◆ REQUIREMENT ◆
Tally every line in the entries below that holds "nothing", then give only the total.

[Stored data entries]

# # #

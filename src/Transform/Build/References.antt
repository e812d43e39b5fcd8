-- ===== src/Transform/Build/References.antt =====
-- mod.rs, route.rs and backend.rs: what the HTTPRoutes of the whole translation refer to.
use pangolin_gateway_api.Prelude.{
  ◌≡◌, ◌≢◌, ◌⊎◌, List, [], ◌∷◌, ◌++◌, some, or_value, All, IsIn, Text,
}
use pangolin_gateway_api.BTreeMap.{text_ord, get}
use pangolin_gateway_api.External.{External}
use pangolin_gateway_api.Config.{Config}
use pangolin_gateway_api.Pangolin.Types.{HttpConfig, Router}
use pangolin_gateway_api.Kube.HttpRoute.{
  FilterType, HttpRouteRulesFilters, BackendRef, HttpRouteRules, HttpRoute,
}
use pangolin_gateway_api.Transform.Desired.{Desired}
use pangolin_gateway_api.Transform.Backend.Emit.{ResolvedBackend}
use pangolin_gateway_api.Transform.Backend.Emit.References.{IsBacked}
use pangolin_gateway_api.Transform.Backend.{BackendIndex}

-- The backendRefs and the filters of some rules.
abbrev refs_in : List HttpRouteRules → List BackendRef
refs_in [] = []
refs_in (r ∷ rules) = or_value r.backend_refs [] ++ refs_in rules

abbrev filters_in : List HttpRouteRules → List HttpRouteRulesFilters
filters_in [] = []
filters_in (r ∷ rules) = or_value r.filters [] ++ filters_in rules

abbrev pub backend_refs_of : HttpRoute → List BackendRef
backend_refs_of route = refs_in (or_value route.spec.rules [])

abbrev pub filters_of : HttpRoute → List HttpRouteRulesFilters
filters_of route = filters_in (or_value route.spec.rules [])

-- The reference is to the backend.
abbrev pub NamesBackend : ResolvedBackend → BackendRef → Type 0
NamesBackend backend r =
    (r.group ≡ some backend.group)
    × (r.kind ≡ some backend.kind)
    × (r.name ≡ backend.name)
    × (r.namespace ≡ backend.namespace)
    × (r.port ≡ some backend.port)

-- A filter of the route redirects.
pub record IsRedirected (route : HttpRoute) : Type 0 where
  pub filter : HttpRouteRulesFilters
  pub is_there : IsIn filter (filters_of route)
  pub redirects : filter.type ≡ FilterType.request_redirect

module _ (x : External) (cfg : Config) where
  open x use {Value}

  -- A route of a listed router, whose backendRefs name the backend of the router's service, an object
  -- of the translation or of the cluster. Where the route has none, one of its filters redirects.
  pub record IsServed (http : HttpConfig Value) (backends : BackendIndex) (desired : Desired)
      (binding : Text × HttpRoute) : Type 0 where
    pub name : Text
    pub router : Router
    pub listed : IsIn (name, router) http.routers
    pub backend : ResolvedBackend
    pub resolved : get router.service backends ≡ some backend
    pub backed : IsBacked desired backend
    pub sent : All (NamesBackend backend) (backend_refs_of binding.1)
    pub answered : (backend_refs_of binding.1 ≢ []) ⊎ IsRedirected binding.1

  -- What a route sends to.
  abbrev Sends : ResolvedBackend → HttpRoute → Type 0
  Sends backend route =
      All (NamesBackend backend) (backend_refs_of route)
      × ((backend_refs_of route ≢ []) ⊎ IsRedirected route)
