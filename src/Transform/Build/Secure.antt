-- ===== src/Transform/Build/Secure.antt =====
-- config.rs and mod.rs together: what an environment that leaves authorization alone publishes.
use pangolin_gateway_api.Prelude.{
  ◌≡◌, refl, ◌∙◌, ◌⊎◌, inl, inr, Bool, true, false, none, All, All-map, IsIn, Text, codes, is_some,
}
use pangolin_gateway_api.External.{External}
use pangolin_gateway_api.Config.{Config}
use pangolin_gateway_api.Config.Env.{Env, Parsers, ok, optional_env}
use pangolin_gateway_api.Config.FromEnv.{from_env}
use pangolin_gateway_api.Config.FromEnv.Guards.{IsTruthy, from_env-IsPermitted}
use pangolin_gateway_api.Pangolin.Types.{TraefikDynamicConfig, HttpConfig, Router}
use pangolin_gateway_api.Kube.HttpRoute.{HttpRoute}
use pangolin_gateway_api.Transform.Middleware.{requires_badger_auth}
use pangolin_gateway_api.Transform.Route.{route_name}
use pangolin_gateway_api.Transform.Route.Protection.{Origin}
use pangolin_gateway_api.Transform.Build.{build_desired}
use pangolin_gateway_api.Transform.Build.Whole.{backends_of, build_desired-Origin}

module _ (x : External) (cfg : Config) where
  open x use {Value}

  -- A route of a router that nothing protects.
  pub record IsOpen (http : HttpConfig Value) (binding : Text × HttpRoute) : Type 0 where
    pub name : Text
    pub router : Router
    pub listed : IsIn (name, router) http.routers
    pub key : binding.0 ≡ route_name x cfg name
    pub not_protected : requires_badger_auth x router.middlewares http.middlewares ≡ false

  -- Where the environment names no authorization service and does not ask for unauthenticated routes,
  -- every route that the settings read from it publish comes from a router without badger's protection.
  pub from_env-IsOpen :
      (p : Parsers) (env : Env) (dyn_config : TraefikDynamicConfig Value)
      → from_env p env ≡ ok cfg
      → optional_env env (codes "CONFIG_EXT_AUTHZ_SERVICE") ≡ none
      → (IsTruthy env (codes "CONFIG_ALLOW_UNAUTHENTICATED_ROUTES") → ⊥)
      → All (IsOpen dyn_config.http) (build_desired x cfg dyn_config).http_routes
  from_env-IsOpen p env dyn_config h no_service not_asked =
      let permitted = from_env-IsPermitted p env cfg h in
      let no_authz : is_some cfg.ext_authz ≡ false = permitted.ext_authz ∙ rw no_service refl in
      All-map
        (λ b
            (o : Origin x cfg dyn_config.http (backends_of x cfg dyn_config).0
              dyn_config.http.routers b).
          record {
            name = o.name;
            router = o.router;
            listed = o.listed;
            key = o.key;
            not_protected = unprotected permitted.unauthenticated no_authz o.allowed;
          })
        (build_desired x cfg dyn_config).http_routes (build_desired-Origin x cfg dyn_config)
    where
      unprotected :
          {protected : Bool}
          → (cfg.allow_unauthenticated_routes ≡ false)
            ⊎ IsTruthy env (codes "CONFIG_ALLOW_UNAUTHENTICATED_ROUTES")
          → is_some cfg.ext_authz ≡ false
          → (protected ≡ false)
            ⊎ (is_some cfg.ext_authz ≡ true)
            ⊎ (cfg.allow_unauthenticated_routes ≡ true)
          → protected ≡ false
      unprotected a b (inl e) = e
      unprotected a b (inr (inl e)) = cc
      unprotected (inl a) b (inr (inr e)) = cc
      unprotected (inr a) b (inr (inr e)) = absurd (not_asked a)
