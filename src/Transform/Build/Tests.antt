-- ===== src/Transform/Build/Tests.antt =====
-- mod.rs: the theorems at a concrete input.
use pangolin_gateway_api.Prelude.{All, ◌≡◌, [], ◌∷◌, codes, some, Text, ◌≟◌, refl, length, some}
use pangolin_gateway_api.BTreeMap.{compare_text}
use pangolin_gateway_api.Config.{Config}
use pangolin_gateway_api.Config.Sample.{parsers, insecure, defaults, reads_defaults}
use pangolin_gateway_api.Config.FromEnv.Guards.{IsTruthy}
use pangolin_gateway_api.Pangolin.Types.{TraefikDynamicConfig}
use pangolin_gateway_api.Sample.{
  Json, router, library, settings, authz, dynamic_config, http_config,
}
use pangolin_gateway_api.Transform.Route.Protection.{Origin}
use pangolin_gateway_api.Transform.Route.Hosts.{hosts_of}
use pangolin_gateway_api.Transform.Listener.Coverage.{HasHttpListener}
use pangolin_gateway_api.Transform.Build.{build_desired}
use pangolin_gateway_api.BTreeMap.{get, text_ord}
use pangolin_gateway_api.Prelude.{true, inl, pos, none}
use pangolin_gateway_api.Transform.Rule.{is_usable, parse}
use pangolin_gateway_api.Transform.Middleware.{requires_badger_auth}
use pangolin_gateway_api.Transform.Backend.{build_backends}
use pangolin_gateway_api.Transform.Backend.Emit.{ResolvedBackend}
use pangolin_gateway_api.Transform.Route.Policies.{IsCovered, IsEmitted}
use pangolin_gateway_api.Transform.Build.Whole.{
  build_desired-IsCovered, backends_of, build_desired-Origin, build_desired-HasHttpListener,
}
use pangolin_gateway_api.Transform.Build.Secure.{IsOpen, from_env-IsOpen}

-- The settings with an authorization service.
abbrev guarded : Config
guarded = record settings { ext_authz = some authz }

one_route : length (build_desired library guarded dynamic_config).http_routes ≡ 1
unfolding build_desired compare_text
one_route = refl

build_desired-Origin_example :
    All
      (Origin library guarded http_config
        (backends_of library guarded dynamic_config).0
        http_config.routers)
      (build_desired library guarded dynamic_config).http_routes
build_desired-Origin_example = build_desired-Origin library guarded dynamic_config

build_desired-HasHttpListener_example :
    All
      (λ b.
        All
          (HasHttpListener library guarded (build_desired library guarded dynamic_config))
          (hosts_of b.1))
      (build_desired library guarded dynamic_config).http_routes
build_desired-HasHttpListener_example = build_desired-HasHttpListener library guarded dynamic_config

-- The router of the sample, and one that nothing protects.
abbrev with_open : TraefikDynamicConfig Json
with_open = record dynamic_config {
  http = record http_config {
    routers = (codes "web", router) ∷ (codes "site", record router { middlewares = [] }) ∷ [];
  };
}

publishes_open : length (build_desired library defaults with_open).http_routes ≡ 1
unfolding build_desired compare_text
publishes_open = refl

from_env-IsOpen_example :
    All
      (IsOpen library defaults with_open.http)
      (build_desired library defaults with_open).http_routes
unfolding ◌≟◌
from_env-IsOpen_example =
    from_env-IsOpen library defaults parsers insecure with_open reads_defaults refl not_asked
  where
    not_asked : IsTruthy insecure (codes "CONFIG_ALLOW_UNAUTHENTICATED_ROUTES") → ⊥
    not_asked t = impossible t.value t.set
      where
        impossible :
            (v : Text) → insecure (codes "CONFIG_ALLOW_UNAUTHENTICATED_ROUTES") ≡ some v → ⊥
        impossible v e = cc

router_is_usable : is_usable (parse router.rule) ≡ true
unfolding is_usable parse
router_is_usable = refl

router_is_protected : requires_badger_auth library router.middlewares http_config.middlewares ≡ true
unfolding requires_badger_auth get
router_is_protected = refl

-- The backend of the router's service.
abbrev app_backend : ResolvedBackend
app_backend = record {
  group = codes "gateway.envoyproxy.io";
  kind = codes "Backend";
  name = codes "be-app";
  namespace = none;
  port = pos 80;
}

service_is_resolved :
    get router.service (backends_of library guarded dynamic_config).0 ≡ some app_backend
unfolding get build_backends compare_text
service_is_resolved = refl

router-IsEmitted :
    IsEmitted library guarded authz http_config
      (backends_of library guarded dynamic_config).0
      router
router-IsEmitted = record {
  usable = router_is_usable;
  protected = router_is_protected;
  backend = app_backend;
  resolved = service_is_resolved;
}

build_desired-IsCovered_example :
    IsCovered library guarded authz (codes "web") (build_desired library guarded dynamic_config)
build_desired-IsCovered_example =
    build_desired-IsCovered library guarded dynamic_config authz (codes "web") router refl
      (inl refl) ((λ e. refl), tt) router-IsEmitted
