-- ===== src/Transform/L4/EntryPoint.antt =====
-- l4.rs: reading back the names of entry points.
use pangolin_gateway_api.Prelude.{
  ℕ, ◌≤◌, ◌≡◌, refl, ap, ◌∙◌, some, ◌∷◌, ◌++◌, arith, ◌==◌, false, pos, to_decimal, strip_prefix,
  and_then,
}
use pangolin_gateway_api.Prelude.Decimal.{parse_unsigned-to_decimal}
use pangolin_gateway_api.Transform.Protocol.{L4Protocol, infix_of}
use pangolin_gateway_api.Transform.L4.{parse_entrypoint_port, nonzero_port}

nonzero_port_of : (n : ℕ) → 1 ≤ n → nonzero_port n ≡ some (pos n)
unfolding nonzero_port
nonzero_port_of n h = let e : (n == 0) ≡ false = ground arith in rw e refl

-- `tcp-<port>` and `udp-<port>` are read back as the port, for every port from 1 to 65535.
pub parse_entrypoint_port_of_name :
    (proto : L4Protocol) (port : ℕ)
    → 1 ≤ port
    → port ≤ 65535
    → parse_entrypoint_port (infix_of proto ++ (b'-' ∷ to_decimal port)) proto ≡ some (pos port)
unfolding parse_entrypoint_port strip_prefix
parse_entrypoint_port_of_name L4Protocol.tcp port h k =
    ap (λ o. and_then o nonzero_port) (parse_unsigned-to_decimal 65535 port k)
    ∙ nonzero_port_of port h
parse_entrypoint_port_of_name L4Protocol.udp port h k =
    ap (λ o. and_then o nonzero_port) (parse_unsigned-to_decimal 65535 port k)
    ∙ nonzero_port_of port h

# # #

◆ RESPONSE BELOW ◆
2